**WORK TO COMPLETE:**
Write out the data below exactly, from its first line to the line containing "-- runnable ones, and", that line included.
--------------------------------
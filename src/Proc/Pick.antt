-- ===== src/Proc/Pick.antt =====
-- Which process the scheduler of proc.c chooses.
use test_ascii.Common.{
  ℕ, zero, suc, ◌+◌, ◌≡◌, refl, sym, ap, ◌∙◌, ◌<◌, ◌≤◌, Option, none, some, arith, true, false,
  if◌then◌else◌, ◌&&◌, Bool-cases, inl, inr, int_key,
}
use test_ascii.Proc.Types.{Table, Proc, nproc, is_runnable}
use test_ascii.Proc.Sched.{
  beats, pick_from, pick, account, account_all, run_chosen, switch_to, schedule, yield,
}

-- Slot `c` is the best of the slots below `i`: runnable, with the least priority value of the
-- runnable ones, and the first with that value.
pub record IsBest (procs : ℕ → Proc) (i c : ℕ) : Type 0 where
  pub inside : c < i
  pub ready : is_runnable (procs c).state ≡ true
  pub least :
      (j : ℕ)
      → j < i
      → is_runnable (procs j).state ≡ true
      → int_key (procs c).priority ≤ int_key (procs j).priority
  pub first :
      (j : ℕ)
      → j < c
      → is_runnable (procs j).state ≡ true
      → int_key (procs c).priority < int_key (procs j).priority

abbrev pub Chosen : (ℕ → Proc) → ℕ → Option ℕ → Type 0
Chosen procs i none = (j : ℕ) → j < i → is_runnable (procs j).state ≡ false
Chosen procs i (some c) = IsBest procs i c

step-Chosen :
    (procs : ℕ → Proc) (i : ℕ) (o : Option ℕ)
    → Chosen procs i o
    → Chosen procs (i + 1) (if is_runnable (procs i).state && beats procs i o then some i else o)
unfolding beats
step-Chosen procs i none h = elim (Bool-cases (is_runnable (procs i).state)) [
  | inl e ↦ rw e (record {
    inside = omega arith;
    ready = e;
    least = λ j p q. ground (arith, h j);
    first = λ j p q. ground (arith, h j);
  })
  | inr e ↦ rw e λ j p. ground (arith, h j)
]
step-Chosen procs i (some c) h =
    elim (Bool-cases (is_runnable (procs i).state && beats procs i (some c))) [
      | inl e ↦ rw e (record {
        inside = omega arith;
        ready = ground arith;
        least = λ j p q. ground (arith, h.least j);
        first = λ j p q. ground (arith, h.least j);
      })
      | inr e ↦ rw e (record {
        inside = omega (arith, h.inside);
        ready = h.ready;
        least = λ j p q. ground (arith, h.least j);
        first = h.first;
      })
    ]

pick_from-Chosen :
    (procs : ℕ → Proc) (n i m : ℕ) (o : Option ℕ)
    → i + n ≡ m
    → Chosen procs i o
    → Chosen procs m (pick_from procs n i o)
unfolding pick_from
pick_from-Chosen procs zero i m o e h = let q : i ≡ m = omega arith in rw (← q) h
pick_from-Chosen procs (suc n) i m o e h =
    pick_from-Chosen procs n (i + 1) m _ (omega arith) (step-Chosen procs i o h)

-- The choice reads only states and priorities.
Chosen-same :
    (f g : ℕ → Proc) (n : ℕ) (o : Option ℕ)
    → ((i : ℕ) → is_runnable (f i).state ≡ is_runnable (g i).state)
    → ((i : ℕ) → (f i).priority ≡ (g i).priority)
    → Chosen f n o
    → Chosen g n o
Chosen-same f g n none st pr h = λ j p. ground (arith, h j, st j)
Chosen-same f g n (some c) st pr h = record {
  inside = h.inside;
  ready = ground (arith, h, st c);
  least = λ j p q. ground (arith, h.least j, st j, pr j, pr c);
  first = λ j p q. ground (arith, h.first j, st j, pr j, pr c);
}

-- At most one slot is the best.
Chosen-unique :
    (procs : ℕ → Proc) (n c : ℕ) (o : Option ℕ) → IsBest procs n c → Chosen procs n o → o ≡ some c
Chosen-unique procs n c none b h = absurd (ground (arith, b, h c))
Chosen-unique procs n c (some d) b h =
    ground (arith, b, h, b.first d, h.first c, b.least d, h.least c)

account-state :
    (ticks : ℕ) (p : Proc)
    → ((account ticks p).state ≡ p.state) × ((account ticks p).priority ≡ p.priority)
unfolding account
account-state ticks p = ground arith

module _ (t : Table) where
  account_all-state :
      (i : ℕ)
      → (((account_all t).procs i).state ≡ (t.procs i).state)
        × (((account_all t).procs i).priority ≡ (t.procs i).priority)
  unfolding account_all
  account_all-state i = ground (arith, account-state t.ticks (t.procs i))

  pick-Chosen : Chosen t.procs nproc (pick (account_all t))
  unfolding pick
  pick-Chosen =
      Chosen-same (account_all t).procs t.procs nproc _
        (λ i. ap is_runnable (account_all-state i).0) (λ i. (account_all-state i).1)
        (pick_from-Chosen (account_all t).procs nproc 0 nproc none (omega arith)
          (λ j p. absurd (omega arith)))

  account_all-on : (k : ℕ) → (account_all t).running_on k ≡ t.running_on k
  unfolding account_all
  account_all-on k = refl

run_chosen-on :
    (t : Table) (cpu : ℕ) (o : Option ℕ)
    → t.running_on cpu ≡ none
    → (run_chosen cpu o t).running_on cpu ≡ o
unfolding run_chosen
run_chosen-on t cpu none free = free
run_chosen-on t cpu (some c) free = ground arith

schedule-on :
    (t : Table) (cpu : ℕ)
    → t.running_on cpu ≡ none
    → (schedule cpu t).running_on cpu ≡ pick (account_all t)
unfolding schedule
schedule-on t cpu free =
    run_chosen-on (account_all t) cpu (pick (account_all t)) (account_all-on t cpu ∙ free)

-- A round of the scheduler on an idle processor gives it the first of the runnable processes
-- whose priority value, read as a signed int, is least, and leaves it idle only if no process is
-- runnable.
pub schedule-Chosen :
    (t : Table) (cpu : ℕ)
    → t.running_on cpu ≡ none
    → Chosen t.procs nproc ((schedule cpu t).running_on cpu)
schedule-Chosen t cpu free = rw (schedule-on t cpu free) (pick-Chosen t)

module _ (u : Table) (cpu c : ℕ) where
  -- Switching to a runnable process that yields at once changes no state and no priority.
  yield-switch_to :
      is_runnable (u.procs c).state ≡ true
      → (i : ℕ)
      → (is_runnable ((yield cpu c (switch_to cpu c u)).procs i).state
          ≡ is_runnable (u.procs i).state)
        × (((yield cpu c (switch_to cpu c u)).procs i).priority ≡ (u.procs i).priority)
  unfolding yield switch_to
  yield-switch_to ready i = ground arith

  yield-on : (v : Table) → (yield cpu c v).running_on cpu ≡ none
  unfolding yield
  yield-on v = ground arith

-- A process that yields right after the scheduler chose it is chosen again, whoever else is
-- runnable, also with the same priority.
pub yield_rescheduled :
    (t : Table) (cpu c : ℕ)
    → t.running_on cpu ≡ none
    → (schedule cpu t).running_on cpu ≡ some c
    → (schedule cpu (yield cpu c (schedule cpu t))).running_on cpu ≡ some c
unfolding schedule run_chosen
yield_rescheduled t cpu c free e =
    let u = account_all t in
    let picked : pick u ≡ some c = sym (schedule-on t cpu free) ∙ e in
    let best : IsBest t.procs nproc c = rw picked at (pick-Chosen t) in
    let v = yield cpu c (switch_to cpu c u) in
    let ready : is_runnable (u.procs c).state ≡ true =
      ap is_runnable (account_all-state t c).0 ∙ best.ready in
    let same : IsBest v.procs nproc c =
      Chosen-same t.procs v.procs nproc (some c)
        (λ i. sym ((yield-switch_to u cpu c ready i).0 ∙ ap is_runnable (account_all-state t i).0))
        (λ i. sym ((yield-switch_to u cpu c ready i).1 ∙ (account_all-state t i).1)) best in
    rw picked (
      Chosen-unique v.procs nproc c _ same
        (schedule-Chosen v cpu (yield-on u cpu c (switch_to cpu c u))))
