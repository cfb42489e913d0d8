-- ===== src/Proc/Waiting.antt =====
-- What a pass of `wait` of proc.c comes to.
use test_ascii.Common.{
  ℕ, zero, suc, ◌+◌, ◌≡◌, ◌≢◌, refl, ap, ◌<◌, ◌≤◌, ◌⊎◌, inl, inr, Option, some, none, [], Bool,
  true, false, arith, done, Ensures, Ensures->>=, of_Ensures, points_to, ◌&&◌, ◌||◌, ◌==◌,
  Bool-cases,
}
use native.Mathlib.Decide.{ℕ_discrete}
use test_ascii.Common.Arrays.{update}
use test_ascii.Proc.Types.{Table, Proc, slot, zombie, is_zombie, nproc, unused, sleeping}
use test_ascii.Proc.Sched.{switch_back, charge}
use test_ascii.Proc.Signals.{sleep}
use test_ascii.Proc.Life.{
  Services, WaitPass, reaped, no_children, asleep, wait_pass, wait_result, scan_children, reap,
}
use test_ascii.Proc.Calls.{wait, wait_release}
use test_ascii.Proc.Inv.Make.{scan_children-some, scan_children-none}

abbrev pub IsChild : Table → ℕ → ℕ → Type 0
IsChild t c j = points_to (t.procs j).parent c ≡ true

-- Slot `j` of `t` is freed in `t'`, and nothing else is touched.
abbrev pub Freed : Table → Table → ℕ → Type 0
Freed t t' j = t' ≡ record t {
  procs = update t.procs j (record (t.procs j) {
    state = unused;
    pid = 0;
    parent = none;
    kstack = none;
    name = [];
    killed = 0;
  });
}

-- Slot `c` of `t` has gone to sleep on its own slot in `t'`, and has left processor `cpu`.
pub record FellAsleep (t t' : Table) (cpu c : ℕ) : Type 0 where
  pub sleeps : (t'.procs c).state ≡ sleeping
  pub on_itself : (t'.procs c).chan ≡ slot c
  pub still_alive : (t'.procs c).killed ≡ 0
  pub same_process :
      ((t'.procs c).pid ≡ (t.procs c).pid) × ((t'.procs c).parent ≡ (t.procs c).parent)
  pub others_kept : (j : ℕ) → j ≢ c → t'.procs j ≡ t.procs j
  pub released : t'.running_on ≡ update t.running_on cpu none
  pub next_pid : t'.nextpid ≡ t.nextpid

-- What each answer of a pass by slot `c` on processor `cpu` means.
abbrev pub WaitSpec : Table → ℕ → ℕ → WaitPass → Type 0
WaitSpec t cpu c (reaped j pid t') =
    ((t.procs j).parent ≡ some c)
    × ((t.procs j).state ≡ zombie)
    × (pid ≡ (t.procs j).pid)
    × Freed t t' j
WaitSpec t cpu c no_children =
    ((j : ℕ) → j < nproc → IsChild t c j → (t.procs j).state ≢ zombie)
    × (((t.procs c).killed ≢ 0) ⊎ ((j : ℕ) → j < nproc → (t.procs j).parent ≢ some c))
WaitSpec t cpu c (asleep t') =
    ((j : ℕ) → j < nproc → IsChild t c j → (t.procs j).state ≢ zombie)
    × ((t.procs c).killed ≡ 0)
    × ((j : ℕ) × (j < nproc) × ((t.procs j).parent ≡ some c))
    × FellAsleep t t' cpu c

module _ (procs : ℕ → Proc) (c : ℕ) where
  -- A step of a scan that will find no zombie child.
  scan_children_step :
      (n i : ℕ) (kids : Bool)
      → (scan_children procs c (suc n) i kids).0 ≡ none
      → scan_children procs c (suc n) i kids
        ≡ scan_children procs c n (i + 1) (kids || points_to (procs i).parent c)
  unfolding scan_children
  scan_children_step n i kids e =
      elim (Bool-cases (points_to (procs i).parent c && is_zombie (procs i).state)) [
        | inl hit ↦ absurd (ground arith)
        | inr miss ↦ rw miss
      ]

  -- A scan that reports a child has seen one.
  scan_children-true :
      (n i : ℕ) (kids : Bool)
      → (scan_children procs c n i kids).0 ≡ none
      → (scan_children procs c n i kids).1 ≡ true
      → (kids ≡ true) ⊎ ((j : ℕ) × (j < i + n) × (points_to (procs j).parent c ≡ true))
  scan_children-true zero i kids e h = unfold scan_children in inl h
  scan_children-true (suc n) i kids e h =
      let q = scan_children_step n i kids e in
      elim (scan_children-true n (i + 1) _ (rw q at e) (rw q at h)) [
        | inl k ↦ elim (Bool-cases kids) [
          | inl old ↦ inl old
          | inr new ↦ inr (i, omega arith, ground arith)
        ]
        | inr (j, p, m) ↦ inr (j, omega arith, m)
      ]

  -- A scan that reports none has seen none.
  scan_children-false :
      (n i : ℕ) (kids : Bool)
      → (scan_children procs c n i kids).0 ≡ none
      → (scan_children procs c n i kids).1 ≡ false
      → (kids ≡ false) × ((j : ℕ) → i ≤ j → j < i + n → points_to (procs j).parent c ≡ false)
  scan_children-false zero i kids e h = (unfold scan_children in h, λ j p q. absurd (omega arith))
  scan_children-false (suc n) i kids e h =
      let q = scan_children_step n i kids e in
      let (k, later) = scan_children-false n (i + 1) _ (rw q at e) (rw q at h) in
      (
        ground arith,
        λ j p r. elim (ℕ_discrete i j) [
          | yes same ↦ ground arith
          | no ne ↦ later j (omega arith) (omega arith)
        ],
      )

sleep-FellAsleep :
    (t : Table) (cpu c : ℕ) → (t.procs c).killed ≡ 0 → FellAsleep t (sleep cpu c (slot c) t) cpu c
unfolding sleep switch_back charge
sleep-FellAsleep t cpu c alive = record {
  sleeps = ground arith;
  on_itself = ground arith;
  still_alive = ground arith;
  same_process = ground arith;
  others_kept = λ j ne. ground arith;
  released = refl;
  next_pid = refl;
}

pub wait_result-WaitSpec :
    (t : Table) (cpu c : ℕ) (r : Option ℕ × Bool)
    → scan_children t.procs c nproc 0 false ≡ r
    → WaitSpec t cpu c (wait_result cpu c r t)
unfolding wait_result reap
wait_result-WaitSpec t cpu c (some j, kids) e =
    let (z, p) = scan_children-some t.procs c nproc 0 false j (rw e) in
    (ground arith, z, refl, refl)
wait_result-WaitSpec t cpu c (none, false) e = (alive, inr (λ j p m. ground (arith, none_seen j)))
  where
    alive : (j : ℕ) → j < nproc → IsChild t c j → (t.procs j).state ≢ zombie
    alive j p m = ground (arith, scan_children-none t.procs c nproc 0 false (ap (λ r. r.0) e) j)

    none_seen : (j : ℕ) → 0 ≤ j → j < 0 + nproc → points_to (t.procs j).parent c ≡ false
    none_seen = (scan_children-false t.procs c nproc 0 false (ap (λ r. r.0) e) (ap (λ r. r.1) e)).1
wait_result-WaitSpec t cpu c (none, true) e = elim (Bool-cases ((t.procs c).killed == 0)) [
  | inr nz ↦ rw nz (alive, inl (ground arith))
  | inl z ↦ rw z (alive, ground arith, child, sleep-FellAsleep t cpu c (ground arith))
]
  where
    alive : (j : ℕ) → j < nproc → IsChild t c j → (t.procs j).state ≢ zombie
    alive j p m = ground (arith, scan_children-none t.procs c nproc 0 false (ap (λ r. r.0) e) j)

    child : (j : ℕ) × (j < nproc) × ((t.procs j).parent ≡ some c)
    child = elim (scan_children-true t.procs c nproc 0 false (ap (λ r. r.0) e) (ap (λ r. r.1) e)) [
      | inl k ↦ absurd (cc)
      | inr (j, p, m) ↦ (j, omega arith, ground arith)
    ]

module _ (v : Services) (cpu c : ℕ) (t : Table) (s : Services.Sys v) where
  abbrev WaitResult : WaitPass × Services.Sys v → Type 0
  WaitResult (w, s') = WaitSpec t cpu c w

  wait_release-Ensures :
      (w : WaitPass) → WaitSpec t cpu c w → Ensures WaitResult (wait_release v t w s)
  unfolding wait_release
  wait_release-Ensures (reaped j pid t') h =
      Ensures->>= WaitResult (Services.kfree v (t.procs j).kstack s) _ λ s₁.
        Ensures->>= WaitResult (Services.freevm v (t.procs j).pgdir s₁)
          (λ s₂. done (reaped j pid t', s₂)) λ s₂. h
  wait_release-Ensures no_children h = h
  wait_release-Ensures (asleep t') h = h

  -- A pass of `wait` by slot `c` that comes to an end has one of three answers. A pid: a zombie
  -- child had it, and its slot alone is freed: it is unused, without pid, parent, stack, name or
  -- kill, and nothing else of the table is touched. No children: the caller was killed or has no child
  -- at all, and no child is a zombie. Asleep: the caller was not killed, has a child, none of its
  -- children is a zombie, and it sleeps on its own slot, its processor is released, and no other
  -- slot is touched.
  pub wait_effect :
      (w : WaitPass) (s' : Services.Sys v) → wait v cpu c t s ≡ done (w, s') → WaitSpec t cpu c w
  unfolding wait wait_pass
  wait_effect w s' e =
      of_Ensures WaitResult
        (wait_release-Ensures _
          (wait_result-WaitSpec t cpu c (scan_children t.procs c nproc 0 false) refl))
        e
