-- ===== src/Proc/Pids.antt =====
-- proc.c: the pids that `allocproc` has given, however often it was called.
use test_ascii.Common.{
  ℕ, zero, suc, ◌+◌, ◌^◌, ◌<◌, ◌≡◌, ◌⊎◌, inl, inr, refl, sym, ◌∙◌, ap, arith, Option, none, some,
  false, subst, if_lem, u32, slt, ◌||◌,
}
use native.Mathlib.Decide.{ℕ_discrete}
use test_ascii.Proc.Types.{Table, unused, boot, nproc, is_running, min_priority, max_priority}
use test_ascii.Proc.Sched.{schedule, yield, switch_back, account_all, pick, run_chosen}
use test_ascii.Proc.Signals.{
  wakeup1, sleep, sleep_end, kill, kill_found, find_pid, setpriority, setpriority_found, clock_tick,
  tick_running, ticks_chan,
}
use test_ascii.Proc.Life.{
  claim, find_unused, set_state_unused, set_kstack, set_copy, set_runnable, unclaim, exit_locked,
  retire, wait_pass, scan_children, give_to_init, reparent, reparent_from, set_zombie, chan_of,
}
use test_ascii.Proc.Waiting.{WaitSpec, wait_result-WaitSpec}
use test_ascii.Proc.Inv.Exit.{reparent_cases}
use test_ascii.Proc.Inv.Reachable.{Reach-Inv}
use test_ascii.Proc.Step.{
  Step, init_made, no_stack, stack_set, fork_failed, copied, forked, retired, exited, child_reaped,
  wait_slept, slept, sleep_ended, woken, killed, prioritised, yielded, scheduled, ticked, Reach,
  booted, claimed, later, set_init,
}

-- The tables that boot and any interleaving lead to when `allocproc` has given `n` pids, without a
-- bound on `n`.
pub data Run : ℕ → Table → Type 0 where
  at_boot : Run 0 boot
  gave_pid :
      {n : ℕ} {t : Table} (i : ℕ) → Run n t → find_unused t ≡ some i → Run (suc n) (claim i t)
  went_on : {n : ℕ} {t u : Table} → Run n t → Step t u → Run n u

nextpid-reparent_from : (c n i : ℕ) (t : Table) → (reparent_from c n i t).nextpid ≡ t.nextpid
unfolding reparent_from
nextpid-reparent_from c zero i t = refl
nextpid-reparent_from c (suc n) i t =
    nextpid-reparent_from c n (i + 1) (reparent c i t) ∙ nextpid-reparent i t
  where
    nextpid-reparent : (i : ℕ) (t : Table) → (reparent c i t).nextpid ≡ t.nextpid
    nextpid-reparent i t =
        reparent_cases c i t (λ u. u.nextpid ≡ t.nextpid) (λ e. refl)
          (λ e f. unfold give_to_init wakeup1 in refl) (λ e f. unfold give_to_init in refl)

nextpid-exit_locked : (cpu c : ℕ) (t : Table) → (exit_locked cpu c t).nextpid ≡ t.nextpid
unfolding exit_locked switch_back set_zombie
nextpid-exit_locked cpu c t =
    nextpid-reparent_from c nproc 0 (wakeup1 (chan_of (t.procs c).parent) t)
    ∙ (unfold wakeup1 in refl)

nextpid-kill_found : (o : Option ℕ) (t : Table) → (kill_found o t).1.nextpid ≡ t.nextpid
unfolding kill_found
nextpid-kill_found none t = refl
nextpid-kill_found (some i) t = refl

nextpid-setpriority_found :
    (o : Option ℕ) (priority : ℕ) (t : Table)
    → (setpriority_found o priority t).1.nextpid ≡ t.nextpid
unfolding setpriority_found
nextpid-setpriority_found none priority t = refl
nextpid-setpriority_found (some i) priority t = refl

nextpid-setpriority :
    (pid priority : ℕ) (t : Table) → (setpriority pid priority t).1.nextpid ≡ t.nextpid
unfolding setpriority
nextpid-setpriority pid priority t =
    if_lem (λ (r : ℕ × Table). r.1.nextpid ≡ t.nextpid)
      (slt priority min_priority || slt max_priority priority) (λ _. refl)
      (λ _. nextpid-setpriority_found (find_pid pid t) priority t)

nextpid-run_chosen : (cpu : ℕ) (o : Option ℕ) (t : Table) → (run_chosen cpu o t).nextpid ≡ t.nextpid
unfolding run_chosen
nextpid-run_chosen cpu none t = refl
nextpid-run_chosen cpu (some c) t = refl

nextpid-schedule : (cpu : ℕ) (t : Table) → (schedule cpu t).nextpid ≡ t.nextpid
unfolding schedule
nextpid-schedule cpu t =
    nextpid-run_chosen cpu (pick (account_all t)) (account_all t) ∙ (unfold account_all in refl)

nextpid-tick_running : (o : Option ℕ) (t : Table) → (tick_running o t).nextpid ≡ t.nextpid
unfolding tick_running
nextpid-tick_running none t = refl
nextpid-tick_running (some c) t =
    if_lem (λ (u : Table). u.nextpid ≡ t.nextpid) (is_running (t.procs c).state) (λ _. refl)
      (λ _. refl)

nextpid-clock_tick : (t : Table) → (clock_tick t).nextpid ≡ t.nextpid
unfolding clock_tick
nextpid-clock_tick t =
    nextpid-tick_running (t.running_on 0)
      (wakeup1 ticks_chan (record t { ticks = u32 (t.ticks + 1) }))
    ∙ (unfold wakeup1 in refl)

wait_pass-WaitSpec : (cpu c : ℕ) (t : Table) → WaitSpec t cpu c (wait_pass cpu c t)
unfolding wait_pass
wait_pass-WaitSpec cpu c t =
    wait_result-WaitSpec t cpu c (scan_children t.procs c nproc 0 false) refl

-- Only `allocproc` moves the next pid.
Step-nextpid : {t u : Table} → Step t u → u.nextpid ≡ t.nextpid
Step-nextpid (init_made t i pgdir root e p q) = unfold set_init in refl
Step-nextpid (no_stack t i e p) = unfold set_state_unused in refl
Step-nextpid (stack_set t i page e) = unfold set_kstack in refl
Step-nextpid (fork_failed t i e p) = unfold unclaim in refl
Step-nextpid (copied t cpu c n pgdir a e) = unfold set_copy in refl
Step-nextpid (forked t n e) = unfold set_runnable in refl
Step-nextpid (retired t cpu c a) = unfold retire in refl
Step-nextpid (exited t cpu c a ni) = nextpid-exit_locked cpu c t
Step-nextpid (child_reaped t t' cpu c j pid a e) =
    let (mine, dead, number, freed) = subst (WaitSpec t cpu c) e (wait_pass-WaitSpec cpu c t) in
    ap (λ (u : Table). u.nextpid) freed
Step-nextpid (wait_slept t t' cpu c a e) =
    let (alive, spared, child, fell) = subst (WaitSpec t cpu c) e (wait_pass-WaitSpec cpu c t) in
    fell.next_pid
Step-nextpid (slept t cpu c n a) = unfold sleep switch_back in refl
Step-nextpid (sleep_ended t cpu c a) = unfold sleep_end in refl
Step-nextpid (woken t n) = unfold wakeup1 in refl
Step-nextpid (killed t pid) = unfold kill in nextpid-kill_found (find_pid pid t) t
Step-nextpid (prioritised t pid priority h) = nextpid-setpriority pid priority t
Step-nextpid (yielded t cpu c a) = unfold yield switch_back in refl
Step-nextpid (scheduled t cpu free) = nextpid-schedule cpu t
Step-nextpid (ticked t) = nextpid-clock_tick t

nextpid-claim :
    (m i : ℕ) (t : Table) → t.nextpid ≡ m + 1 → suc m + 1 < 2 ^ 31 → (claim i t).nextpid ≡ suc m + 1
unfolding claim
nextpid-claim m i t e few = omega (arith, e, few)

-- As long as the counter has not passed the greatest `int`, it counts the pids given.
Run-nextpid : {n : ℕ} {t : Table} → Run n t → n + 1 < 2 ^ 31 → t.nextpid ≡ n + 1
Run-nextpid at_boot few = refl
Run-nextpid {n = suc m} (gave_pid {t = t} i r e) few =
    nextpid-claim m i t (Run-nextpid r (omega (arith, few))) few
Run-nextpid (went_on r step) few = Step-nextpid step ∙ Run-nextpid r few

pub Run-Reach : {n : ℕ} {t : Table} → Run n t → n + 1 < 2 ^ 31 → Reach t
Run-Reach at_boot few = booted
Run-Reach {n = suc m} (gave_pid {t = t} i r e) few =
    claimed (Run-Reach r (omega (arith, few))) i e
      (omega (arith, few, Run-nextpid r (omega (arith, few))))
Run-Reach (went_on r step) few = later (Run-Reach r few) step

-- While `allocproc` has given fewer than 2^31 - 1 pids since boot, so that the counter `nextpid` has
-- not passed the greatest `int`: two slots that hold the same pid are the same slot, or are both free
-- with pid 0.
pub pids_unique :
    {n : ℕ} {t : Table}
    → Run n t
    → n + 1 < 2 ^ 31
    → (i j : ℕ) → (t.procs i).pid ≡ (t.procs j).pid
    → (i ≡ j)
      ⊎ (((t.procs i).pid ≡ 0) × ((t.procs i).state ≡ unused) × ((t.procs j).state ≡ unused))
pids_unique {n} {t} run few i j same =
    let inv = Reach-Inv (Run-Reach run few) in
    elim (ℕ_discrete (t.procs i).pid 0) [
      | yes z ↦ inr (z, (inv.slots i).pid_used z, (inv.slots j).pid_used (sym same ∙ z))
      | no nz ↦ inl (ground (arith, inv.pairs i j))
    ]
--------------------------------
**ANSWER BELOW:**
filename src/Proc/Pick.antt
-- ===== src/Proc/Pick.antt =====
-- Which process the scheduler of proc.c chooses.
use test_ascii.Common.{
  ℕ, zero, suc, ◌+◌, ◌≡◌, refl, sym, ap, ◌∙◌, ◌<◌, ◌≤◌, Option, none, some, arith, true, false,
  if◌then◌else◌, ◌&&◌, Bool-cases, inl, inr, int_key,
}
use test_ascii.Proc.Types.{Table, Proc, nproc, is_runnable}
use test_ascii.Proc.Sched.{
  beats, pick_from, pick, account, account_all, run_chosen, switch_to, schedule, yield,
}

-- Slot `c` is the best of the slots below `i`: runnable, with the least priority value of the
-- runnable ones, and the first with that value.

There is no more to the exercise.